(375r) Offline Rl for Optimal Bioprocess Production Scheduling | AIChE

(375r) Offline Rl for Optimal Bioprocess Production Scheduling

Authors 

Wang, H. - Presenter, Imperial College London
Kontoravdi, C., Imperial College London
del Rio Chanona, A., Imperial College London
Industrial bioprocessing is gaining significant attention for its ability to create sustainable alternatives to fossil-based materials and bioengineered medications. With increasing demands, identifying flexible and cost-efficient bioprocess scheduling strategies has become essential (Vieira et al., 2016). Typically, optimal scheduling strategies are derived from mixed integer linear programming (MILP) models. However, the uncertainty of bioprocess, including fluctuating product prices, production delays, and changing demands, makes finding optimal MILP solutions challenging (Hubbs et al., 2020). Instead, recent research has explored reinforcement learning (RL) for process scheduling (Hubbs et al., 2020, Mowbray et al., 2022). This method effectively addresses process uncertainties by formulating the decision-making framework as a Markov Decision Process (MDP). Nonetheless, the high data demands for training RL agents and the cost of data collection have led researchers to consider offline RL methods, which leverage the information from historical bioprocess data.
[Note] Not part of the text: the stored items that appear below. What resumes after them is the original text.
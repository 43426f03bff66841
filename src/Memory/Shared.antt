-- ===== src/Memory/Shared.antt =====
-- shared_buffer.hpp. Control blocks live at addresses of a heap, the buffers are numbered variables
-- that hold a block's address or nothing. An access to a block that is not there is undefined. Each
-- atomic operation is one step of its method; the count is a `size_t` of 64 bits. `calls` lists the
-- calls of deleters, latest first.
pub mod Counting
pub mod Methods
pub mod Lifetimes
pub mod Concurrent
use pipeline_tools.Prelude.{
  ℕ, ◌+◌, ◌-◌, ◌%◌, ◌^◌, Bool, true, false, ◌||◌, not, Option, none, some, List, [], ◌∷◌, ◌==◌,
  if◌then◌else◌,
}
use pipeline_tools.Prelude.Store.{update}
use pipeline_tools.Prelude.Outcome.{Outcome, done, undefined, Cmd, pure, ◌>>=◌, ◌>>◌, modify}
use pipeline_tools.Memory.Buffer.{
  MemoryLocation, host, Ptr, null, Deleter, BufferBase, ReleasedBuffer, span, Span, byte_span,
}

pub record ControlBlock : Type 0 where
  pub ref : ℕ
  pub ptr : Ptr
  pub size : ℕ
  pub deleter : Option Deleter
  pub location : MemoryLocation

pub record State : Type 0 where
  pub heap : ℕ → Option ControlBlock
  pub ctrl : ℕ → Option ℕ
  pub calls : List (Deleter × Ptr)

abbrev pub M : Type 0 → Type 0
M A = Cmd State A

abbrev pub store : ℕ → Option ControlBlock → State → State
store a b s = record s { heap = update s.heap a b }

abbrev pub set_ctrl : ℕ → Option ℕ → State → State
set_ctrl i c s = record s { ctrl = update s.ctrl i c }

abbrev pub with_ref : ℕ → ControlBlock → ControlBlock
with_ref r b = record b { ref = r }

abbrev pub call_if : Option Deleter → Ptr → State → State
call_if none p s = s
call_if (some d) p s = record s { calls = (d, p) ∷ s.calls }

-- The constructor of variable `i` from raw parts; `fresh` is the address that `new` returns.
unfoldable pub construct :
    (fresh : ℕ) → ℕ → Ptr → ℕ → Option Deleter → MemoryLocation → State → State
construct fresh i ptr size d loc s =
    if ptr == null || size == 0
    then set_ctrl i none s
    else set_ctrl i (some fresh) (
        store fresh (some (record { ref = 1; ptr = ptr; size = size; deleter = d; location = loc }))
          s)

-- The constructor from a released buffer, and, with a `release` of it before, from a unique buffer.
unfoldable pub construct_released : (fresh : ℕ) → ℕ → ReleasedBuffer → State → State
unfolding construct
construct_released fresh i rb s = construct fresh i rb.ptr rb.count rb.deleter rb.location s

-- `ref.fetch_add(1)`, if there is a block.
unfoldable pub add_ref : Option ℕ → M (Unit {0})
add_ref none s = done tt s
add_ref (some a) s = elim (s.heap a) [
  | none ↦ undefined
  | some b ↦ done tt (store a (some (with_ref ((b.ref + 1) % 2 ^ 64) b)) s)
]

-- `ref.fetch_sub(1)`, and the call of the deleter and the end of the block if the count was 1.
unfoldable pub after_drop : ℕ → ControlBlock → State → State
after_drop a b s =
    let s' = store a (some (with_ref ((b.ref + 2 ^ 64 - 1) % 2 ^ 64) b)) s in
    if b.ref == 1 then store a none (call_if b.deleter b.ptr s') else s'

unfoldable pub release_ctrl : ℕ → M (Unit {0})
unfolding after_drop
release_ctrl i s = elim (s.ctrl i) [
  | none ↦ done tt s
  | some a ↦ elim (s.heap a) [
    | none ↦ undefined
    | some b ↦ done tt (set_ctrl i none (after_drop a b s))
  ]
]

-- The copy constructor of variable `i`.
unfoldable pub copy_construct : ℕ → ℕ → M (Unit {0})
unfolding add_ref
copy_construct i j s = (do add_ref (s.ctrl j); modify (set_ctrl i (s.ctrl j))) s

unfoldable pub copy_assign : ℕ → ℕ → M (Unit {0})
unfolding add_ref release_ctrl
copy_assign i j s =
    if i == j
    then done tt s
    else (do add_ref (s.ctrl j); release_ctrl i; modify (set_ctrl i (s.ctrl j))) s

abbrev pub steal : ℕ → ℕ → State → State
steal i j s = record s { ctrl = update (update s.ctrl i (s.ctrl j)) j none }

unfoldable pub move_construct : ℕ → ℕ → M (Unit {0})
move_construct i j = modify (steal i j)

unfoldable pub move_assign : ℕ → ℕ → M (Unit {0})
unfolding release_ctrl
move_assign i j s = if i == j then done tt s else (do release_ctrl i; modify (steal i j)) s

-- `reset`; the destructor is its first half.
unfoldable pub reset : ℕ → M (Unit {0})
unfolding release_ctrl
reset i = do release_ctrl i; modify (set_ctrl i none)

unfoldable pub swap : ℕ → ℕ → M (Unit {0})
swap i j s = done tt (record s { ctrl = update (update s.ctrl i (s.ctrl j)) j (s.ctrl i) })

abbrev pub parts : ControlBlock → ReleasedBuffer
parts b = record { ptr = b.ptr; count = b.size; deleter = b.deleter; location = b.location }

-- What `release` does behind a successful exchange of the count from 1 to 0.
unfoldable pub take_out : ℕ → ℕ → ControlBlock → M (Option ReleasedBuffer)
take_out i a b = do
  modify (store a (some (with_ref 0 b)))
  modify (store a none)
  modify (set_ctrl i none)
  pure (some (parts b))

-- `release`: the parts if this is the only owner; the exchange fails otherwise.
unfoldable pub release_block : ℕ → ℕ → M (Option ReleasedBuffer)
unfolding take_out
release_block i a s = elim (s.heap a) [
  | none ↦ undefined
  | some b ↦ if b.ref == 1 then take_out i a b s else done none s
]

unfoldable pub release : ℕ → M (Option ReleasedBuffer)
unfolding release_block
release i s = elim (s.ctrl i) [ none ↦ done none s | some a ↦ release_block i a s ]

-- The observers.
unfoldable pub view : ℕ → M BufferBase
view i s = elim (s.ctrl i) [
  | none ↦ done (record { data_ = null; count_ = 0; location_ = host }) s
  | some a ↦ elim (s.heap a) [
    | none ↦ undefined
    | some b ↦ done (record { data_ = b.ptr; count_ = b.size; location_ = b.location }) s
  ]
]

unfoldable pub use_count : ℕ → M ℕ
use_count i s = elim (s.ctrl i) [
  | none ↦ done 0 s
  | some a ↦ elim (s.heap a) [ none ↦ undefined | some b ↦ done b.ref s ]
]

abbrev pub to_bool : ℕ → State → Bool
to_bool i s = elim (s.ctrl i) [ none ↦ false | some a ↦ true ]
In this work we apply a novel offline RL framework for optimal bioprocess production scheduling. In contrast to the traditional RL algorithms like temporal difference (TD) learning, we utilise the transformer model to treat the sequential decision-making process through sequential modelling. In this way, we can train a transformer model to predict the next best action based on a desired future reward by taking the information of the current state, the scheduling actions, and the accumulative reward from the current state as the input. On the one hand, this method allows us to learn the optimal scheduling strategy only from historical data without interaction with the bioprocess operation. One the other hand, utilization of the transformer model provides the opportunity to associated advances in language modelling such as GPT-x and BERT (Chen et al., 2021).

Here we show case the capacity of the framework on a continuous biomanufacturing process with a single stage and single production unit operating under stochastic demand over a planned horizon. At the same time, the transition losses which are caused by product type change are considered and minimised in this case study (Hubbs et al., 2020). Our results show the offline RL method can provide a near optimal policy for bioprocess scheduling without interacting with the bioprocess environment.

References

CHEN, L., LU, K., RAJESWARAN, A., LEE, K., GROVER, A., LASKIN, M., ABBEEL, P., SRINIVAS, A. & MORDATCH, I. 2021. Decision transformer: Reinforcement learning via sequence modeling. Advances in neural information processing systems, 34, 15084-15097.

HUBBS, C. D., LI, C., SAHINIDIS, N. V., GROSSMANN, I. E. & WASSICK, J. M. 2020. A deep reinforcement learning approach for chemical production scheduling. Computers & Chemical Engineering, 141, 106982.

MOWBRAY, M., ZHANG, D. & CHANONA, E. A. D. R. 2022. Distributional reinforcement learning for scheduling of chemical production processes. arXiv preprint arXiv:2203.00636.

VIEIRA, M., PINTO-VARELA, T., MONIZ, S., BARBOSA-PÓVOA, A. P. & PAPAGEORGIOU, L. G. 2016. Optimal planning and campaign scheduling of biopharmaceutical processes using a continuous-time formulation. Computers & Chemical Engineering, 91, 422-444.